Schlaganfallhelferin Annette Gunser (rechts) unterstützt Jens und Kerstin Fischer. Foto: Christian Siekmann
Rems-Murr. „Aufgeben war für mich nie eine Option“, sagt Kerstin Fischer bestimmt. Vor zwei Jahren veränderte ein einziger Moment das Leben ihrer Familie grundlegend. Während eines Abendessens im Urlaub erleidet ihr Mann Jens einen schweren Schlaganfall. Der Rettungsdienst bringt ihn zunächst ins Krankenhaus, dann folgt der Transport mit dem Rettungshubschrauber nach Dresden. Es beginnt eine Zeit voller Angst, Ungewissheit und Sorgen. Jens wird ins Koma gelegt. Während Jens ums Überleben kämpfte, übernahm Kerstin Fischer die Rolle der Kämpferin nach außen. Neun Monate lang pendelte sie zwischen Klinik, Reha-Zentrum in Sachsen und ihrer Arbeit. Sie organisierte, stellte Anträge, kümmerte sich um alles – immer mit dem Ziel, Jens wieder nach Hause zu holen.
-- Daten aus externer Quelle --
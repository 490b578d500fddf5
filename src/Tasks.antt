-- ===== src/Tasks.antt =====
-- src/kernel/tasks.c (`thread_monitor`): the thread that shows the counters of the others.
--
-- `seen` are the counters `foo`, `bar` and `gamma` that its rounds find, each with what the others
-- make of the display during the round's `yield`.
use ktux.Base.{ℕ, ◌%◌, ◌^◌, List, [], ◌∷◌, write}
use ktux.Base.Run.{Run, ok, ◌>>=◌}
use ktux.Stdio.Printers.{words, kprintf}
use ktux.Video.Consoles.{Display, move_csr}

abbrev pub counting_format : List ℕ
counting_format =
    b'c' ∷ b'o' ∷ b'u' ∷ b'n' ∷ b't' ∷ b'i' ∷ b'n' ∷ b'g' ∷ b' ' ∷ b't' ∷ b'h' ∷ b'r' ∷ b'e' ∷ b'a'
    ∷ b'd' ∷ b's' ∷ b':' ∷ 0x0A ∷ []

abbrev pub counters_format : List ℕ
counters_format = b'%' ∷ b'u' ∷ 0x09 ∷ b'%' ∷ b'u' ∷ 0x09 ∷ b'%' ∷ b'u' ∷ []

-- `get_csr_y`.
unfoldable pub get_csr_y : Display → ℕ
get_csr_y d = (d.vc d.curr_vc).csr_y % 2 ^ 16

-- `move_cursor`.
unfoldable pub move_cursor : ℕ → ℕ → Display → Display
unfolding move_csr
move_cursor x y d =
    move_csr
      (record d { vc = write d.vc d.curr_vc (record (d.vc d.curr_vc) { csr_x = x; csr_y = y }) })

module _ (strings : ℕ → List ℕ) where
  -- The rounds of the loop.
  unfoldable pub monitor : List ((ℕ × ℕ × ℕ) × (Display → Display)) → ℕ → Display → Run Display
  unfolding move_cursor
  monitor [] y d = ok d
  monitor (((foo, bar, gamma), meanwhile) ∷ seen) y d =
      kprintf (words (foo ∷ bar ∷ gamma ∷ [])) strings counters_format (move_cursor 0 y d) >>= λ d'.
      monitor seen y (meanwhile d')

  unfoldable pub thread_monitor : List ((ℕ × ℕ × ℕ) × (Display → Display)) → Display → Run Display
  unfolding monitor get_csr_y
  thread_monitor seen d =
      kprintf (words []) strings counting_format d >>= λ d'. monitor seen (get_csr_y d') d'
„Man wächst in diese Situation hinein“, sagt sie heute. „Aber ohne Hilfe hätten wir das nicht geschafft.“ Ein besonderer Dank gilt Annette Gunser, ehrenamtliche Schlaganfallhelferin des DRK Rems-Murr. „Annette war an unserer Seite, als wir sie am dringendsten brauchten, und sie hat uns neue Hoffnung geschenkt.“
Neben der konkreten Hilfe spielte für Kerstin auch ihr Glaube eine entscheidende Rolle. Auch ihr enger Freundes- und Verwandtenkreis half mit, wo es nur ging: „Wir wurden getragen – durch Besuche, Gespräche, durch Menschen, die einfach für uns da waren. Dafür bin ich unendlich dankbar.“
Eine betreute Wohngruppe war nie eine Option
Im Wohnzimmer der Familie Fischer sitzen die drei beisammen. An den Wänden erinnern Fotos an unbeschwerte Zeiten – Zeiten, in denen Jens fest im Berufsleben stand. Jens, damals ein kräftiger Mann, sitzt heute im Rollstuhl. Seine Sprache ist eingeschränkt, doch in seinem Blick liegen Wachheit und Lebenswille. Gemeinsam erinnern sie sich an den 9. April 2023. „Es kam ohne jede Vorwarnung.“ Ein Arzt sprach Klartext: „Ihr Mann wird nie wieder ein eigenständiges Leben führen können. Suchen Sie eine betreute Wohngruppe.“ Doch Kerstin wusste: Das war keine Option. „Ich habe gespürt, dass Jens nicht aufgeben will.“ Die Familie mobilisierte alle Kräfte. Der Alltag bestand aus Terminen, Ausfüllen von Anträgen, Gesprächen mit verschiedenen Ämtern und Institutionen – kaum Zeit zum Durchatmen. Trotzdem blieb Kerstin berufstätig, unterstützt von ihren Kindern und Freunden. Am 15. Dezember 2023 wurde Jens nach neun Monaten der Rehabilitation nach Hause entlassen. Der Weg dorthin war mühsam, die Fortschritte waren klein. Und eines ist für ihn heute klar: „Ich bin dankbar, dass ich noch lebe!“ Kerstin nickt. „Man muss kämpfen – immer wieder neu.“
Diese Ausdauer kennt Annette Gunser. Vor zwei Jahren ließ sich Annette Gunser von der Stiftung Schlaganfallhilfe und den Rems-Murr-Kliniken zur ehrenamtlichen Schlaganfallhelferin ausbilden. Die gelernte Krankenschwester leitete zuvor 30 Jahre lang das Sanitätshaus Gunser in Waiblingen als Filialleiterin und Geschäftsführerin – ideale Voraussetzungen für ihr heutiges Ehrenamt. „Ich wollte in meiner Freizeit etwas Nützliches und Sinnvolles tun“, sagt sie. Über ihre Arbeit im Sanitätshaus entstand auch der Kontakt zu Familie Fischer. Seit Februar 2024 begleitet sie Kerstin und Jens Fischer als ehrenamtliche Helferin des DRK-Kreisverbands Rems-Murr – bis heute, in allen Lebenslagen.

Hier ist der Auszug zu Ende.